Quote the lines below exactly, from the one that holds "pub is_present-odd : (x" through the final line of the records, and only those.

(Data records)
........
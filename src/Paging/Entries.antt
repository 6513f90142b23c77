-- ===== src/Paging/Entries.antt =====
-- The frame and the flags in an entry of a table, and the indices of an address.
use stak_os.Base.{
  ℕ, zero, suc, ◌+◌, ◌*◌, ◌/◌, ◌%◌, ◌^◌, ◌≤◌, ◌<◌, ◌≡◌, ◌≢◌, ◌⊎◌, inl, inr, refl, ap, true, bit_and,
  bit_or, arith, ne→==,
}
use native.Mathlib.Nat.{div-one}
use native.Mathlib.Decide.{dec_lt}
use stak_os.Base.Words.{u32_mod}
use stak_os.Base.Words.Bits.{bit_and-mask, bit_and-high, bit_or-fields, bit_or_step, div-pow_suc}
use stak_os.Paging.{frame_of, is_present, pd_index, pt_index}

pub frame_of_lem : (x : ℕ) → x < u32_mod → frame_of x ≡ x / 4096 * 4096
frame_of_lem x l = omega (arith, l, bit_and-high 12 x 0xFFFFF, bit_and-mask 20 (x / 4096))

pub is_present-odd : (x : ℕ) → x % 2 ≡ 1 → is_present x ≡ true
is_present-odd x e = rw (ne→== (bit_and x 1) 0 (omega (arith, e, bit_and-mask 1 x))) refl

pub odd-is_present : (x : ℕ) → is_present x ≡ true → x % 2 ≡ 1
odd-is_present x e = ground (arith, e, bit_and-mask 1 x)

-- An entry for the table or page at the address `x`, with flags.
pub entry_of : (x r : ℕ) → r < 4096 → bit_or (x / 4096 * 4096) r ≡ x / 4096 * 4096 + r
entry_of x r l = bit_or-fields 12 (x / 4096) r l

-- A flag of an entry leaves its frame.
half-bit_or : (a b : ℕ) → bit_or a b / 2 ≡ bit_or (a / 2) (b / 2)
half-bit_or a b = omega (arith, bit_or_step a b)

pub div-bit_or : (k a b : ℕ) → bit_or a b / 2 ^ k ≡ bit_or (a / 2 ^ k) (b / 2 ^ k)
div-bit_or zero a b = simp div-one
div-bit_or (suc k) a b =
    rw (div-pow_suc (bit_or a b) k, div-pow_suc a k, div-pow_suc b k, half-bit_or a b)
      (div-bit_or k (a / 2) (b / 2))

-- Words of two pages do not overlap.
pub page_apart :
    (p q i j : ℕ)
    → p % 4096 ≡ 0
    → q % 4096 ≡ 0
    → p ≢ q
    → i < 1024
    → j < 1024
    → (q + 4 * j + 4 ≤ p + 4 * i) ⊎ (p + 4 * i + 4 ≤ q + 4 * j)
page_apart p q i j pp qq ne li lj = elim (dec_lt p q) [
  | yes l ↦ inr (omega (arith, pp, qq, l, li))
  | no l ↦ inl (omega (arith, pp, qq, l, ne, lj))
]

pub pd_index-lt : (virt : ℕ) → virt < u32_mod → pd_index virt < 1024
unfolding pd_index
pd_index-lt virt l = omega (arith, l)

pub pt_index-lt : (virt : ℕ) → pt_index virt < 1024
unfolding pt_index
pt_index-lt virt = omega (arith, bit_and-mask 10 (virt / 4096))

pub pd_index-page : (a virt : ℕ) → a / 4096 ≡ virt / 4096 → pd_index a ≡ pd_index virt
unfolding pd_index
pd_index-page a virt e = omega (arith, e)

pub pt_index-page : (a virt : ℕ) → a / 4096 ≡ virt / 4096 → pt_index a ≡ pt_index virt
unfolding pt_index
pt_index-page a virt e = ap (λ q. bit_and q 1023) e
........
▸ Answer for this exercise
pub is_present-odd : (x : ℕ) → x % 2 ≡ 1 → is_present x ≡ true
is_present-odd x e = rw (ne→== (bit_and x 1) 0 (omega (arith, e, bit_and-mask 1 x))) refl

pub odd-is_present : (x : ℕ) → is_present x ≡ true → x % 2 ≡ 1
odd-is_present x e = ground (arith, e, bit_and-mask 1 x)

-- An entry for the table or page at the address `x`, with flags.
pub entry_of : (x r : ℕ) → r < 4096 → bit_or (x / 4096 * 4096) r ≡ x / 4096 * 4096 + r
entry_of x r l = bit_or-fields 12 (x / 4096) r l

-- A flag of an entry leaves its frame.
half-bit_or : (a b : ℕ) → bit_or a b / 2 ≡ bit_or (a / 2) (b / 2)
half-bit_or a b = omega (arith, bit_or_step a b)

pub div-bit_or : (k a b : ℕ) → bit_or a b / 2 ^ k ≡ bit_or (a / 2 ^ k) (b / 2 ^ k)
div-bit_or zero a b = simp div-one
div-bit_or (suc k) a b =
    rw (div-pow_suc (bit_or a b) k, div-pow_suc a k, div-pow_suc b k, half-bit_or a b)
      (div-bit_or k (a / 2) (b / 2))

-- Words of two pages do not overlap.
pub page_apart :
    (p q i j : ℕ)
    → p % 4096 ≡ 0
    → q % 4096 ≡ 0
    → p ≢ q
    → i < 1024
    → j < 1024
    → (q + 4 * j + 4 ≤ p + 4 * i) ⊎ (p + 4 * i + 4 ≤ q + 4 * j)
page_apart p q i j pp qq ne li lj = elim (dec_lt p q) [
  | yes l ↦ inr (omega (arith, pp, qq, l, li))
  | no l ↦ inl (omega (arith, pp, qq, l, ne, lj))
]

pub pd_index-lt : (virt : ℕ) → virt < u32_mod → pd_index virt < 1024
unfolding pd_index
pd_index-lt virt l = omega (arith, l)

pub pt_index-lt : (virt : ℕ) → pt_index virt < 1024
unfolding pt_index
pt_index-lt virt = omega (arith, bit_and-mask 10 (virt / 4096))

pub pd_index-page : (a virt : ℕ) → a / 4096 ≡ virt / 4096 → pd_index a ≡ pd_index virt
unfolding pd_index
pd_index-page a virt e = omega (arith, e)

pub pt_index-page : (a virt : ℕ) → a / 4096 ≡ virt / 4096 → pt_index a ≡ pt_index virt
unfolding pt_index
pt_index-page a virt e = ap (λ q. bit_and q 1023) e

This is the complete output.